Reactions: Like 1 | Funny 2


----------



## vaalboy

From the pics it seems like a "maxi" vape meet to me  (Pot calling the kettles black BTW )

Reactions: Funny 2


----------



## Rob Fisher

vaalboy said:


> From the pics it seems like a "maxi" vape meet to me  (Pot calling the kettles black BTW )



Good one @vaalboy! And you would have gotten an invite if we could have phoned you but I hear your phone is at the bottom of Inanda Dam!

Reactions: Funny 1


----------



## Marzuq

Lovely mini meet. Vape gear looking stunning

Reactions: Agree 1


----------



## Paulie

Rob Fisher said:


> My man Paulie (@paulph201 ) is in Durbs and we have a mini vape meet at Oscars and some breakfast at the same time! @BigB was with us. Great to catch up and chew the fat with Paulie! Here are a couple of pics!
> 
> Paulie I smaak your Authentic Vapor Flask big time! But you REO with overhang Odin made me take a double dose of pills today!
> 
> View attachment 18083
> View attachment 18084
> View attachment 18085


Tnks rob for the meet! Was lots of fun to meet u all and you have a lovely house and family!

Reactions: Like 3


----------



## BigB

Paul, you are a legend when it comes to service and product alike. Nice guys come first..... Thanks so much for taking some holiday time to come say hi and hello to us!

Reactions: Like 3 | Thanks 1


----------



## Paulie

BigB said:


> Paul, you are a legend when it comes to service and product alike. Nice guys come first..... Thanks so much for taking some holiday time to come say hi and hello to us!

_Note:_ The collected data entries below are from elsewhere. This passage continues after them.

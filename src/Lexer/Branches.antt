-- ===== src/Lexer/Branches.antt =====
-- The branches of `lexer_token_get` behind blanks and comments, one for each kind of token.
use htools.Prelude.{
  ℕ, zero, suc, ◌≤◌, Option, some, Bool, true, false, ◌==◌, if◌then◌else◌, ◌>>=◌, ◌≡◌, refl, ap,
  ap₂, ◌∙◌, arith, List, [], ◌∷◌, take, drop, Returns, Returns-bind,
}
use mathlib.Core.Path.{subst}
use htools.Lexer.Ops.{no_error, Lexer, extract}
use htools.Lexer.Ring.{IsReader, buffered, Holds}
use htools.Lexer.Walk.{IsPlain, walk, Walked, next-Holds, extract-Walked}
use htools.Lexer.Token.{
  LexerType, alnum_token, number_token, symbol_token, Token, is_word, is_xdigit, step_over, newline,
  token_of, scan_loop, word_token, number_or_symbol, number,
}
use htools.Lexer.See.{IsAscii, char_at, At}
use htools.Lexer.Scan.{IsClass, run, scan_loop-Scans}
use htools.Lexer.Number.{is_number, number_end, number-IsNumber}
use htools.Lexer.Lexed.{Lexed, lexed_plain}

pub IsAscii-IsPlain : (xs : List ℕ) → IsAscii xs → IsPlain xs
IsAscii-IsPlain [] h = tt
IsAscii-IsPlain (b ∷ xs) h = (omega (arith, h.1), IsAscii-IsPlain xs h.2)

pub IsAscii-drop : (n : ℕ) (xs : List ℕ) → IsAscii xs → IsAscii (drop n xs)
IsAscii-drop zero xs h = h
IsAscii-drop (suc n) [] h = tt
IsAscii-drop (suc n) (b ∷ xs) h = IsAscii-drop n xs h.2

word-IsClass : IsClass is_word
word-IsClass = record { none_ = refl; same = λ v. ground arith }

pub xdigit-IsClass : IsClass is_xdigit
xdigit-IsClass = record { none_ = refl; same = λ v. ground arith }

module _ {S : Type 0} (rest : S → List ℕ) where
  -- A token, and the lexer behind it.
  pub record IsLexed (xs : List ℕ) (l : Lexer S) (x : Lexed) (q : Lexer S × Token × Bool)
      : Type 0 where
    pub token : q.1 ≡ x.token
    pub returned : q.2 ≡ x.returned
    pub walked : Walked S rest (take x.size xs) (drop x.size xs) (record l { error = x.error }) q.0

  pub over-Walked :
      (b : ℕ) (xs : List ℕ) (l : Lexer S)
      → (b == 10) ≡ false
      → Holds S rest (b ∷ xs) l
      → 1 ≤ buffered l
      → Walked S rest (b ∷ []) xs l (step_over 1 l)
  unfolding walk
  over-Walked b xs l e h one = record {
    holds = next-Holds rest b _ _ xs l h one;
    line_no = rw e refl;
    col_no = rw e refl;
    error = refl;
  }

  pub newline-Walked :
      (xs : List ℕ) (l : Lexer S)
      → Holds S rest (10 ∷ xs) l
      → 1 ≤ buffered l
      → Walked S rest (10 ∷ []) xs l (newline l)
  unfolding walk
  newline-Walked xs l h one = record {
    holds = next-Holds rest 10 _ _ xs l h one;
    line_no = refl;
    col_no = refl;
    error = refl;
  }

  -- `Walked` from a lexer that a look has left as it was.
  pub Walked-from :
      (s ys xs : List ℕ) (l r q : Lexer S) (k : ℕ)
      → At S rest xs l r k
      → Walked S rest s ys r q
      → Walked S rest s ys l q
  Walked-from s ys xs l r q k a w = record {
    holds = w.holds;
    line_no = w.line_no ∙ ap₂ (λ (m n : ℕ). (walk s m n).0) a.line_no a.col_no;
    col_no = w.col_no ∙ ap₂ (λ (m n : ℕ). (walk s m n).1) a.line_no a.col_no;
    error = w.error ∙ a.error;
  }

  pub Walked-clear :
      (s ys : List ℕ) (l q : Lexer S)
      → l.error ≡ no_error
      → Walked S rest s ys l q
      → Walked S rest s ys (record l { error = no_error }) q
  Walked-clear s ys l q e w = record {
    holds = w.holds;
    line_no = w.line_no;
    col_no = w.col_no;
    error = w.error ∙ e;
  }

module _ {S : Type 0} (callback : S → ℕ → List ℕ × S) (junk : ℕ → ℕ) (rest : S → List ℕ)
    (reader : IsReader S callback rest) (xs : List ℕ) (ascii : IsAscii xs) (l : Lexer S)
    (clear : l.error ≡ no_error) where
  -- `extract` and a token of it, as the branches end.
  abbrev pub ends : LexerType → Lexer S → ℕ → Option (Lexer S × Token × Bool)
  ends kind r n = extract callback junk r n >>= λ q. some (token_of kind q)

  pub ends-IsLexed :
      (kind : LexerType) (r : Lexer S) (k n m : ℕ)
      → At S rest xs l r k
      → n ≡ m
      → Returns (ends kind r n) (IsLexed rest xs l (lexed_plain kind m xs))
  ends-IsLexed kind r k n m a e =
      subst (λ i. Returns (ends kind r n) (IsLexed rest xs l (lexed_plain kind i xs))) e
        (Returns-bind (λ q. Walked S rest (take n xs) (drop n xs) r q.0 × (q.1 ≡ take n xs)) _
          (extract callback junk r n) _
          (extract-Walked callback junk rest reader n xs r (IsAscii-IsPlain xs ascii) a.holds)
          (λ q h. record {
            token = ap (λ (s : List ℕ). record { kind = kind; str = some s }) h.1;
            returned = refl;
            walked = Walked-clear rest _ _ l _ clear (Walked-from rest _ _ xs l r q.0 k a h.0);
          }))

  pub word_token-IsLexed :
      (r : Lexer S)
      → At S rest xs l r 1
      → Returns
          (word_token callback junk r)
          (IsLexed rest xs l (lexed_plain alnum_token (run is_word xs 1) xs))
  unfolding word_token
  word_token-IsLexed r a =
      Returns-bind _ _ (scan_loop callback junk 257 is_word r 1) (λ q. ends alnum_token q.0 q.1)
        (scan_loop-Scans callback junk rest reader xs ascii l is_word word-IsClass 257 r 1
          (omega arith) a)
        (λ q h. ends-IsLexed alnum_token q.0 q.1 q.1 _ h.1 h.0)

  number-ends :
      (q : Lexer S × ℕ × Bool) (b : Bool) (n : ℕ)
      → q.2 ≡ b
      → At S rest xs l q.0 0
      → (if b then q.1 else n) ≡ n
      → Returns (ends (if q.2 then number_token else symbol_token) q.0 (if q.2 then q.1 else 1)) (
          IsLexed rest xs l
            (if b then lexed_plain number_token n xs else lexed_plain symbol_token 1 xs))
  number-ends q true n e a h = rw e (ends-IsLexed number_token q.0 0 q.1 n a h)
  number-ends q false n e a h = rw e (ends-IsLexed symbol_token q.0 0 1 1 a refl)

  pub number_or_symbol-IsLexed :
      (r : Lexer S)
      → At S rest xs l r 1
      → Returns (number_or_symbol callback junk r (char_at xs 0)) (
          IsLexed rest xs l (
            if is_number xs
            then lexed_plain number_token (number_end xs) xs
            else lexed_plain symbol_token 1 xs))
  unfolding number_or_symbol
  number_or_symbol-IsLexed r a =
      Returns-bind _ _ (number callback junk r (char_at xs 0))
        (λ q. ends (if q.2 then number_token else symbol_token) q.0 (if q.2 then q.1 else 1))
        (number-IsNumber callback junk rest reader xs ascii l r a)
        (λ q h. number-ends q (is_number xs) (number_end xs) h.0 h.1 h.2)
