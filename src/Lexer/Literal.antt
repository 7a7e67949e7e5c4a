-- ===== src/Lexer/Literal.antt =====
-- String literals and hexadecimal numbers of `lexer_token_get`.
use htools.Prelude.{
  ℕ, zero, suc, ◌+◌, ◌≤◌, ◌<◌, Option, none, some, Bool, true, false, ltb, leb, ◌==◌, if◌then◌else◌,
  ◌||◌, ◌>>=◌, ◌≡◌, ◌⊎◌, inl, inr, refl, sym, ap, ap₂, ◌∙◌, arith, List, [], ◌∷◌, ◌++◌, length,
  get_or, take, drop, Returns, Returns-map, Returns-bind, Bool-cases, ltb→lt, leb→le, ltb-false,
  leb-false, ==_iff,
}
use mathlib.Core.Path.{subst}
use htools.Lexer.Ops.{LexerError, no_error, unterminated_literal, Lexer, peek_char, extract}
use htools.Lexer.Ring.{IsReader, buffered, Holds}
use htools.Lexer.Walk.{Walked, extract-Walked, extract-buffered, walk-on, walk-join}
use htools.Lexer.Token.{
  literal_token, Token, step_over, token_of, error_of, literal_loop, literal_token_,
}
use htools.Lexer.See.{IsAscii, shown, char_at, char_at-inside, char_at-past, At, see}
use htools.Lexer.Scan.{run, run-on, run-end, passes-pos}
use htools.Lexer.Lexed.{valid, is_body, literal_end, lexed_literal}
use htools.Lexer.Branches.{IsAscii-IsPlain, IsLexed, over-Walked, Walked-from, Walked-clear}

-- The characters at an index and what stands behind it.
cut :
    (xs : List ℕ) (n : ℕ)
    → 0 < get_or xs n 0
    → (drop n xs ≡ get_or xs n 0 ∷ drop (suc n) xs)
      × (take (suc n) xs ≡ take n xs ++ (get_or xs n 0 ∷ []))
cut [] n h = absurd (omega arith)
cut (x ∷ xs) zero h = (refl, refl)
cut (x ∷ xs) (suc n) h = let (d, t) = cut xs n h in (d, ap (λ (s : List ℕ). x ∷ s) t)

pub cut_char :
    (xs : List ℕ) (n c : ℕ)
    → n < 256
    → char_at xs n ≡ c
    → 0 < c
    → (drop n xs ≡ c ∷ drop (suc n) xs) × (take (suc n) xs ≡ take n xs ++ (c ∷ []))
cut_char xs n c lt e pos =
    let same : get_or xs n 0 ≡ c = inside (Bool-cases (ltb n (length xs))) in
    subst (λ b. (drop n xs ≡ b ∷ drop (suc n) xs) × (take (suc n) xs ≡ take n xs ++ (b ∷ []))) same
      (cut xs n (omega arith))
  where
    inside : (ltb n (length xs) ≡ true) ⊎ (ltb n (length xs) ≡ false) → get_or xs n 0 ≡ c
    inside (inl h) = sym (char_at-inside xs n lt (ltb→lt _ _ h)) ∙ e
    inside (inr h) = absurd (omega (arith, char_at-past xs n (omega (arith, ltb-false _ _ h))))

module _ {S : Type 0} (callback : S → ℕ → List ℕ × S) (junk : ℕ → ℕ) (rest : S → List ℕ)
    (reader : IsReader S callback rest) (xs : List ℕ) (ascii : IsAscii xs) (l : Lexer S) where
  -- A scan over a literal.
  record Literal (q : Lexer S × ℕ × Bool) : Type 0 where
    index : q.1 ≡ literal_end xs
    at : At S rest xs l q.0 q.1
    ended : q.2 ≡ (leb 256 q.1 || char_at xs q.1 == 34)
    next : q.1 < 256 → char_at xs q.1 ≡ 34 → At S rest xs l q.0 (q.1 + 1)

  literal_loop-Literal :
      (fuel : ℕ) (r : Lexer S) (k : ℕ)
      → 256 < k + fuel
      → At S rest xs l r k
      → run is_body xs k ≡ literal_end xs
      → Returns (literal_loop callback junk fuel r k) Literal
  unfolding literal_loop
  literal_loop-Literal zero r k f a e = absurd (omega (arith, a.near, a.holds.room))
  literal_loop-Literal (suc fuel) r k f a e =
      let s = see callback junk rest reader xs ascii l r k a in
      let v = (peek_char callback junk r k).1 in
      elim (Bool-cases (leb 256 k)) [
        | inl full ↦
            let past = leb→le _ _ full in
            let none_ : char_at xs k ≡ 0 = char_at-past xs k (omega arith) in
            rw full (record {
              index = sym (run-end is_body xs k refl (ap is_body none_)) ∙ e;
              at = a;
              ended = rw full refl;
              next = λ lt c. absurd (omega arith);
            })
        | inr room ↦
            let lt = leb-false _ _ room in
            elim (Bool-cases (char_at xs k == 0)) [
              | inl gone ↦
                  let none_ : char_at xs k ≡ 0 = (==_iff (char_at xs k) 0).0 gone in
                  rw (room, s.ended lt ∙ gone)
                    (record {
                      index = sym (run-end is_body xs k refl (ap is_body none_)) ∙ e;
                      at = s.at;
                      ended = rw (room, none_) refl;
                      next = λ _ c. absurd (omega arith);
                    })
              | inr there ↦
                  let same = mark v ∙ ap (λ (c : ℕ). c == 34) s.value in
                  elim (Bool-cases (char_at xs k == 34)) [
                    | inl quote ↦
                        let it : char_at xs k ≡ 34 = (==_iff (char_at xs k) 34).0 quote in
                        rw (room, s.ended lt ∙ there, same ∙ quote)
                          (record {
                            index = sym (run-end is_body xs k refl (ap is_body it)) ∙ e;
                            at = s.at;
                            ended = rw (room, it) refl;
                            next = λ _ c. s.next (omega arith);
                          })
                    | inr body ↦
                        let inside : is_body (char_at xs k) ≡ true = rw (body, there) refl in
                        rw (room, s.ended lt ∙ there, same ∙ body)
                          (literal_loop-Literal fuel (peek_char callback junk r k).0 (k + 1)
                            (omega arith) (s.next (passes-pos is_body _ refl inside))
                            (run-on is_body xs k refl inside ∙ e))
                  ]
            ]
      ]
    where
      mark : (v : ℕ) → (v == 34) ≡ (shown v == 34)
      mark v = ground arith

pub Returns-both :
    {A : Type 0} (P Q : A → Type 0) (m : Option A)
    → Returns m P
    → Returns m Q
    → Returns m (λ a. P a × Q a)
Returns-both P Q none p q = p
Returns-both P Q (some a) p q = (p, q)

module _ {S : Type 0} (rest : S → List ℕ) where
  pub error-Walked :
      (s ys : List ℕ) (l q : Lexer S) (error : LexerError)
      → Walked S rest s ys l q
      → Walked S rest s ys (record l { error = error }) (record q { error = error })
  error-Walked s ys l q error w = record {
    holds = record {
      start = w.holds.start;
      room = w.holds.room;
      small = w.holds.small;
      enough = w.holds.enough;
      ring = w.holds.ring;
      beyond = w.holds.beyond;
      closed = w.holds.closed;
    };
    line_no = w.line_no;
    col_no = w.col_no;
    error = refl;
  }

  pub here-At : (xs : List ℕ) (l : Lexer S) → Holds S rest xs l → At S rest xs l l 0
  here-At xs l h = record {
    holds = h;
    ofs = refl;
    line_no = refl;
    col_no = refl;
    error = refl;
    near = omega arith;
  }

  -- `Walked` to a lexer that a look leaves as it was.
  pub Walked-to :
      (s ys : List ℕ) (l q r : Lexer S) (k : ℕ)
      → Walked S rest s ys l q
      → At S rest ys q r k
      → Walked S rest s ys l r
  Walked-to s ys l q r k w a = record {
    holds = a.holds;
    line_no = a.line_no ∙ w.line_no;
    col_no = a.col_no ∙ w.col_no;
    error = a.error ∙ w.error;
  }

  pub over_two-Walked :
      (b c : ℕ) (xs : List ℕ) (l : Lexer S)
      → (b == 10) ≡ false
      → (c == 10) ≡ false
      → Holds S rest (b ∷ c ∷ xs) l
      → 2 ≤ buffered l
      → Walked S rest (b ∷ c ∷ []) xs l (step_over 2 l)
  over_two-Walked b c xs l e f h two =
      let first : Walked S rest (b ∷ []) (c ∷ xs) l (step_over 1 l) =
        over-Walked rest b (c ∷ xs) l e h (omega arith) in
      let second : Walked S rest (c ∷ []) xs (step_over 1 l) (step_over 1 (step_over 1 l)) =
        over-Walked rest c xs (step_over 1 l) f first.holds (omega (arith, h.small, h.room)) in
      let same : step_over 1 (step_over 1 l) ≡ step_over 2 l =
        ap₂ (λ (n m : ℕ). record l { ofs = n; col_no = m }) (omega arith) (omega arith) in
      subst (Walked S rest (b ∷ c ∷ []) xs l) same
        (walk-on rest b (c ∷ []) (c ∷ xs) xs l (step_over 1 l) _ first second)

module _ {S : Type 0} (callback : S → ℕ → List ℕ × S) (junk : ℕ → ℕ) (rest : S → List ℕ)
    (reader : IsReader S callback rest) (xs : List ℕ) (ascii : IsAscii (34 ∷ xs)) (l : Lexer S)
    (clear : l.error ≡ no_error) where
  abbrev closed_literal : Lexer S → ℕ → Option (Lexer S × Token × Bool)
  closed_literal r n =
      extract callback junk r n >>= λ q. some (token_of literal_token (step_over 1 q.0, q.1))

  -- A literal from its first character to behind its closing quote.
  closed_literal-Walked :
      (r : Lexer S) (n : ℕ)
      → n < 256
      → char_at xs n ≡ 34
      → Holds S rest xs r
      → n + 1 ≤ buffered r
      → Returns (closed_literal r n) (λ q.
        (q.1 ≡ record { kind = literal_token; str = some (take n xs) })
        × (q.2 ≡ true)
        × Walked S rest (take (suc n) xs) (drop (suc n) xs) r q.0)
  closed_literal-Walked r n lt e h near =
      let plain = IsAscii-IsPlain xs ascii.2 in
      let (d, t) = cut_char xs n 34 lt e (omega arith) in
      Returns-bind
        (λ q.
          (Walked S rest (take n xs) (drop n xs) r q.0 × (q.1 ≡ take n xs)) × (1 ≤ buffered q.0))
        _ (extract callback junk r n) _
        (Returns-both _ _ (extract callback junk r n)
          (extract-Walked callback junk rest reader n xs r plain h)
          (extract-buffered callback junk rest reader n 1 xs r plain h near))
        (λ q p.
          let w : Walked S rest (take n xs) (34 ∷ drop (suc n) xs) r q.0 =
            subst (λ ys. Walked S rest (take n xs) ys r q.0) d p.0.0 in
          let v : Walked S rest (34 ∷ []) (drop (suc n) xs) q.0 (step_over 1 q.0) =
            over-Walked rest 34 _ q.0 refl w.holds p.1 in
          let token : List ℕ → Token = λ s. record { kind = literal_token; str = some s } in
          (
            ap token p.0.1,
            refl,
            subst (λ s. Walked S rest s (drop (suc n) xs) r (step_over 1 q.0)) (sym t)
                (walk-join rest (take n xs) (34 ∷ []) _ _ r q.0 _ w v),
          ))

  pub literal_token_-IsLexed :
      (r : Lexer S)
      → At S rest (34 ∷ xs) l r 1
      → literal_end xs < 256
      → Returns (literal_token_ callback junk r) (IsLexed rest (34 ∷ xs) l (lexed_literal xs))
  unfolding literal_token_
  literal_token_-IsLexed r a short =
      let first : Walked S rest (34 ∷ []) xs r (step_over 1 r) =
        over-Walked rest 34 xs r refl a.holds a.near in
      Returns-bind _ _ (literal_loop callback junk 257 (step_over 1 r) 0)
        (λ q. if q.2 then closed_literal q.0 q.1 else some (error_of unterminated_literal q.0))
        (literal_loop-Literal callback junk rest reader xs ascii.2 (step_over 1 r) 257
          (step_over 1 r) 0 (omega arith) (here-At rest xs (step_over 1 r) first.holds) refl)
        (λ q t. ending q t first)
    where
      ending :
          (q : Lexer S × ℕ × Bool)
          → Literal callback junk rest reader xs ascii.2 (step_over 1 r) q
          → Walked S rest (34 ∷ []) xs r (step_over 1 r)
          → Returns
              (if q.2 then closed_literal q.0 q.1 else some (error_of unterminated_literal q.0))
              (IsLexed rest (34 ∷ xs) l (lexed_literal xs))
      ending q t first =
          let n = literal_end xs in
          let lt : leb 256 n ≡ false = ground arith in
          let ended : q.2 ≡ (char_at xs n == 34) =
            t.ended ∙ ap (λ (i : ℕ). leb 256 i || char_at xs i == 34) t.index ∙ rw lt refl in
          elim (Bool-cases (char_at xs n == 34)) [
            | inl quote ↦
                let it : char_at xs n ≡ 34 = (==_iff (char_at xs n) 34).0 quote in
                let next : At S rest xs (step_over 1 r) q.0 (n + 1) =
                  subst (λ i. At S rest xs (step_over 1 r) q.0 (i + 1)) t.index
                    (t.next (omega (arith, t.index)) (ap (λ (i : ℕ). char_at xs i) t.index ∙ it)) in
                rw (ended ∙ quote, quote, t.index)
                  (Returns-map _ _ (closed_literal q.0 n)
                    (closed_literal-Walked q.0 n short it next.holds next.near)
                    (λ p w. closing n p w.0 w.1 (
                      walk-on rest 34 _ xs _ r q.0 p.0
                        (Walked-to rest _ xs r _ q.0 (n + 1) first next) w.2)))
            | inr open_ ↦
                rw (ended ∙ open_, open_)
                  (record {
                    token = refl;
                    returned = refl;
                    walked = error-Walked rest (34 ∷ []) xs l q.0 unterminated_literal (
                        Walked-from rest _ xs (34 ∷ xs) l r q.0 1 a
                          (Walked-to rest _ xs r (step_over 1 r) q.0 q.1 first t.at));
                  })
          ]
        where
          closing :
              (n : ℕ) (p : Lexer S × Token × Bool)
              → p.1 ≡ record { kind = literal_token; str = some (take n xs) }
              → p.2 ≡ true
              → Walked S rest (34 ∷ take (suc n) xs) (drop (suc n) xs) r p.0
              → IsLexed rest (34 ∷ xs) l (valid literal_token (n + 2) (take n xs)) p
          closing n p e f w =
              let two : suc (suc n) ≡ n + 2 = omega arith in
              record {
                token = e;
                returned = f;
                walked = Walked-clear rest _ _ l p.0 clear (
                    Walked-from rest _ _ (34 ∷ xs) l r p.0 1 a (
                      subst (λ m. Walked S rest (take m (34 ∷ xs)) (drop m (34 ∷ xs)) r p.0) two
                        w));
              }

Thanks man I had so much fun! And thanks for driving from toti to come see me it was great fun and loved all the stories

Reactions: Like 1


----------



## Silver

Fabulous photos @Rob Fisher 
Captures the moment very well
Love all the high end devices on the table

@paulph201 , i like your new facial hair. Ha ha
You certainly get around and take the principle of meeting your customers to heart.

Reactions: Like 3


----------



## Rob Fisher

Another Mini Vape Meet Baby! Just me and @paulph201 this time in Umhlanga! We had a fine time eating breakfast and talking vaping non-stop! A great way to spend a morning!




Paul with some of his new style bottle juices and his REO with Nuppin... the stinking overhanging Odin is back it it's box! 



Test some of Paulie's new juices! And as always Avril on hand!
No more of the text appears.